沖人は思う。このサンタクロースの格好をした不審者は何を言っているのだろうか。言葉の意味がわからないということではなくて、会って間もない人間の沖人達。その願いを叶える手伝いをしたい? サンタクロースのコスプレをしているからと言っても、彼は自分が本物のサンタクロースではないという現実を理解しているのだろうか。
沖人は「そもそも」と言って、
「どうしてあんたはサンタクロースの格好なんだ? そういう服を着るのが趣味なのか?」
「とんでもない」
石見はサンタクロースの帽子を頭部から手に取り、地面に叩きつける。
「私をサンタクロースという世界を股にかけておきながら、依然として逮捕されていない不法侵入者と同じなんて、酷いことを言う」
酷いのはあんたの帽子の扱いだという不満を吐き出すことなく、沖人は言う。
「じゃあ何でそんな格好なんだ? そんな格好したおじさんの言葉を鵜吞みにはできないぞ」
石見は「なんだ、そういうことですか」と納得したようで、
「この格好はね、来月からクリスマスの短期バイトで、子ども達に風船を配るときの衣装なんです。実は私は貧乏でね、無料で服を貸し出してもらったので、私服として利用させてもらっているというわけです。もちろん、君達は真似してはいけないよ」
と言って、帽子を拾って被りなおした。
「誰がするか」
「そうだよね。咲もしちゃ駄目だよ」
「しないわよ!」
ともあれ、石見という不審者が貧乏な不審者という位置づけになったところで、秀一が挙手して、「質問いいですか?」と言った。
石見は人懐っこい笑みで許可を出す。
「石見さんはさっき僕たちが願いを叶える手伝いをしたいと言っていましたが、具体的な方法を教えてもらえませんか? それがわからないままだと、考える以前の話です」
「当然の質問ですね」
石見は一枚の写真を取り出す。
「これを見ていただけますか」
そこに映っているのは世界で数々の異常が起きた中で、日本で異常が発生した場所の写真であった。
つまり。
東京都の写真であった。
そこには眩い輝きを放つ光の玉が降り注ぎ、神々しい都市の姿があった。上空から見下ろすように撮ったものなのか、都市の全貌がはっきりと見える。
「えっ、でも東京って人も物も入れないんじゃあ……」
咲の言葉に石見は首を振る。
「いいえ、入れますよ。――――ただし、入るには東京周辺で生活する、あの繋がりを断つ障壁の中で生活する住人の協力が不可欠ですがね」
「ということは、石見さんは東京の住人ということですか?」
「ええ。そして、あなた達が願いを叶える手伝いをしたいという言葉は決して嘘ではありません。ここを見ていただけますか」
石見は手に持った東京の写真。その中央にそびえ立つ東京タワーを指差す。
「東京タワー。一々説明しなくてもわかりますね。ここの頂上に願いを叶える光玉があります」
三人は東京タワーの写真にデカデカと映る光玉を見て、驚いた。というのもその光玉は他の光玉と比べて段違いの巨大さで、太陽と見紛うほど大きかったのだ。
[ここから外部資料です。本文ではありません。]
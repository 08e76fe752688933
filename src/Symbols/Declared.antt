-- ===== src/Symbols/Declared.antt =====
-- What `symbol_table_build` has declared when it goes on to the bodies.
use calynda_for_wii.Base.{
  ℕ, Bool, true, false, not, ◌&&◌, ◌||◌, Option, none, some, List, [], ◌∷◌, ◌++◌, Bytes, append-nil,
  append_assoc, ◌≡◌, ◌⊎◌, inl, inr, refl, sym, ap, ◌∙◌, arith,
}
use calynda_for_wii.Symbols.Ast.{
  AstSourceSpan, AstTopLevelDecl, top_level_start, top_level_boot, top_level_binding,
  top_level_union, top_level_extern,
}
use calynda_for_wii.Symbols.State.{Symbol, SymbolKind, kind_extern, Scope, SymbolTable}
use calynda_for_wii.Symbols.Core.{st_scope_append_symbol}
use calynda_for_wii.Symbols.Query.{
  find_named, or_else, scope_lookup_local, symbol_table_find_import,
}
use calynda_for_wii.Symbols.Imports.{◌>>=◌}
use calynda_for_wii.Symbols.Predeclare.{
  binding_symbol, union_symbol, extern_symbol, declare, predeclare,
  st_predeclare_top_level_bindings,
}
use calynda_for_wii.Symbols.Names.{fresh, fresh-append, find_named-cases, named_in, repeats}
use calynda_for_wii.Symbols.Added.{set_error-has_error, stops}

-- The symbol of a declaration, if it has one.
abbrev pub top_symbol : ℕ → AstTopLevelDecl → List Symbol
top_symbol root (top_level_start decl) = []
top_symbol root (top_level_boot decl) = []
top_symbol root (top_level_binding decl) = binding_symbol decl root ∷ []
top_symbol root (top_level_union decl) = union_symbol decl root ∷ []
top_symbol root (top_level_extern decl) = extern_symbol decl root ∷ []

abbrev pub top_symbols : ℕ → List AstTopLevelDecl → List Symbol
top_symbols root [] = []
top_symbols root (decl ∷ decls) = top_symbol root decl ++ top_symbols root decls

abbrev is_extern : SymbolKind → Bool
is_extern kind_extern = true
is_extern _ = false

-- Only external declarations may have the name of an import.
abbrev pub allowed : List Symbol → List Symbol → Bool
allowed imports [] = true
allowed imports (s ∷ l) = (is_extern s.kind || not (repeats s.name imports)) && allowed imports l

-- The table whose only scope is the root, with these symbols.
abbrev pub rooted : SymbolTable → Scope → List Symbol → SymbolTable
rooted base root l = record base { scopes = record root { symbols = l } ∷ [] }

-- All of the symbols are declared after `l`, or one of them clashes and there is an error.
abbrev pub Declares : Bool × SymbolTable → SymbolTable → Scope → List Symbol → List Symbol → Type 0
Declares r base root l m =
    (((fresh l m && allowed base.imports m) ≡ true) × (r ≡ (true, rooted base root (l ++ m))))
    ⊎ (((fresh l m && allowed base.imports m) ≡ false) × (r.0 ≡ false) × (r.1.has_error ≡ true))

Declares-nothing :
    (base : SymbolTable) (root : Scope) (l : List Symbol)
    → Declares (true, rooted base root l) base root l []
Declares-nothing base root l = inl (refl, ap (λ k. (true, rooted base root k)) (sym (append-nil l)))

allowed-append :
    (imports l m : List Symbol)
    → allowed imports (l ++ m) ≡ (allowed imports l && allowed imports m)
allowed-append imports [] m = refl
allowed-append imports (s ∷ l) m = ground (arith, allowed-append imports l m)

four : (a b c d : Bool) → ((a && b) && (c && d)) ≡ ((a && c) && (b && d))
four a b c d = ground arith

clash-append :
    (imports l m n : List Symbol)
    → (fresh l (m ++ n) && allowed imports (m ++ n))
      ≡ ((fresh l m && allowed imports m) && (fresh (l ++ m) n && allowed imports n))
clash-append imports l m n =
    rw (fresh-append l m n, allowed-append imports m n)
      (four (fresh l m) (fresh (l ++ m) n) (allowed imports m) (allowed imports n))

Declares-then :
    (r : Bool × SymbolTable) (f : SymbolTable → Bool × SymbolTable) (base : SymbolTable)
    (root : Scope) (l m n : List Symbol)
    → Declares r base root l m
    → Declares (f (rooted base root (l ++ m))) base root (l ++ m) n
    → Declares (r >>= f) base root l (m ++ n)
Declares-then r f base root l m n first second = elim first [
  | inr (used, e, h) ↦
      let (stop, h') = stops r f e h in
      inr (clash-append base.imports l m n ∙ rw used refl, stop, h')
  | inl (new, e) ↦ elim second [
    | inl (new', e') ↦ inl (
      clash-append base.imports l m n ∙ rw (new, new') refl,
      ap (λ x. x >>= f) e ∙ e' ∙ ap (λ k. (true, rooted base root k)) (append_assoc l m n),
    )
    | inr (used, stop, h) ↦ inr (
      clash-append base.imports l m n ∙ rw (new, used) refl,
      ap (λ x. (x >>= f).0) e ∙ stop,
      ap (λ x. (x >>= f).1.has_error) e ∙ h,
    )
  ]
]

-- What conflicts with a name.
conflict-cases :
    (l imports : List Symbol) (name : Bytes)
    → (((not (named_in name l) && not (named_in name imports)) ≡ true)
        × (or_else (find_named l name) (find_named imports name) ≡ none))
      ⊎ (((not (named_in name l) && not (named_in name imports)) ≡ false)
          × (s : Symbol) × (or_else (find_named l name) (find_named imports name) ≡ some s))
conflict-cases l imports name = elim (find_named-cases l name) [
  | inr (there, s, e) ↦ inr (rw there refl, s, rw e refl)
  | inl (nowhere, e) ↦ elim (find_named-cases imports name) [
    | inr (there, s, e') ↦ inr (rw (nowhere, there) refl, s, rw (e, e') refl)
    | inl (nowhere', e') ↦ inl (rw (nowhere, nowhere') refl, rw (e, e') refl)
  ]
]

declare-Declares :
    (conflicting : Option Symbol) (name : Bytes) (span : AstSourceSpan) (symbol : Symbol)
    (base : SymbolTable) (root : Scope) (l : List Symbol)
    → ((((fresh l (symbol ∷ []) && allowed base.imports (symbol ∷ [])) ≡ true)
          × (conflicting ≡ none))
        ⊎ (((fresh l (symbol ∷ []) && allowed base.imports (symbol ∷ [])) ≡ false)
            × (s : Symbol) × (conflicting ≡ some s)))
    → Declares
        (declare conflicting name span 0 symbol (rooted base root l))
        base
        root
        l
        (symbol ∷ [])
unfolding st_scope_append_symbol
declare-Declares conflicting name span symbol base root l c = elim c [
  | inl (new, e) ↦ inl (new, rw e refl)
  | inr (used, s, e) ↦ inr (used, rw e refl, rw e (set_error-has_error _ _ _ (rooted base root l)))
]

three : (a b : Bool) → (((not a) && true) && ((not b) && true)) ≡ (not a && not b)
three a b = ground arith

unique-Declares :
    (name : Bytes) (span : AstSourceSpan) (symbol : Symbol) (base : SymbolTable) (root : Scope)
    (l : List Symbol)
    → (fresh l (symbol ∷ []) && allowed base.imports (symbol ∷ []))
      ≡ (not (named_in name l) && not (named_in name base.imports))
    → Declares
        (declare
          (or_else (find_named l name) (find_named base.imports name))
          name
          span
          0
          symbol
          (rooted base root l))
        base
        root
        l
        (symbol ∷ [])
unique-Declares name span symbol base root l same =
    declare-Declares _ name span symbol base root l (elim (conflict-cases l base.imports name) [
      | inl (new, e) ↦ inl (same ∙ new, e)
      | inr (used, s, e) ↦ inr (same ∙ used, s, e)
    ])

predeclare-Declares :
    (decl : AstTopLevelDecl) (base : SymbolTable) (root : Scope) (l : List Symbol)
    → Declares (predeclare 0 decl (rooted base root l)) base root l (top_symbol 0 decl)
unfolding predeclare scope_lookup_local symbol_table_find_import
predeclare-Declares (top_level_start decl) base root l = Declares-nothing base root l
predeclare-Declares (top_level_boot decl) base root l = Declares-nothing base root l
predeclare-Declares (top_level_binding decl) base root l =
    unique-Declares decl.name decl.name_span (binding_symbol decl 0) base root l
      (three (named_in decl.name l) (named_in decl.name base.imports))
predeclare-Declares (top_level_union decl) base root l =
    unique-Declares decl.name decl.name_span (union_symbol decl 0) base root l
      (three (named_in decl.name l) (named_in decl.name base.imports))
predeclare-Declares (top_level_extern decl) base root l =
    declare-Declares (find_named l decl.name) decl.name decl.name_span (extern_symbol decl 0) base
      root l
      (elim (find_named-cases l decl.name) [
        | inl (nowhere, e) ↦ inl (rw nowhere refl, e)
        | inr (there, s, e) ↦ inr (rw there refl, s, e)
      ])

pub st_predeclare-Declares :
    (decls : List AstTopLevelDecl) (base : SymbolTable) (root : Scope) (l : List Symbol)
    → Declares
        (st_predeclare_top_level_bindings 0 decls (rooted base root l))
        base
        root
        l
        (top_symbols 0 decls)
unfolding st_predeclare_top_level_bindings
st_predeclare-Declares [] base root l = Declares-nothing base root l
st_predeclare-Declares (decl ∷ decls) base root l =
    Declares-then (predeclare 0 decl (rooted base root l))
      (st_predeclare_top_level_bindings 0 decls) base root l (top_symbol 0 decl)
      (top_symbols 0 decls) (predeclare-Declares decl base root l)
      (st_predeclare-Declares decls base root (l ++ top_symbol 0 decl))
「石見さん、わざわざこんな大きな光玉でなくとも願いを叶えることはできないんですか?」
秀一の質問に石見は思い出したように返事する。
「ああ、東京にいたもので忘れていました。あなた達はあの光玉が願いを叶えるものとしか知らないのでしたね」
石見は続ける。
「光玉は叶える願いに限度があります。たとえば「不死身になりたい!」のような願いをしても願いが叶いませんし、光玉も消滅します。直接的に人や生物の生死に関わることや作用する願いは原則叶いません。ただし、物体の形状や重量など既存の物理法則の変更は意外と簡単に叶います。最後に無から有を生み出すことは可能ですが少量しか生み出すことはできません。食糧なら一食分といったところでしょうか」
石見のその後、光玉自体についてもう一度、簡単にまとめる。
光玉は十五センチメートル。
人が一度でも触れると所有者が決定し、五センチメートルの結晶となる。
光玉は願いを叶えると消滅する。また、願いが叶わなくとも使用すれば消滅する。
「願いが全て叶うわけじゃあないのか」
残念そうな沖人。本人に自覚はないが実は何でも願いが叶う光玉に沖人は期待していた。既に死んでしまった恋人。彼女を生き返らせるなんて無茶な願いを叶うかもしれない。そんな期待があったのだ。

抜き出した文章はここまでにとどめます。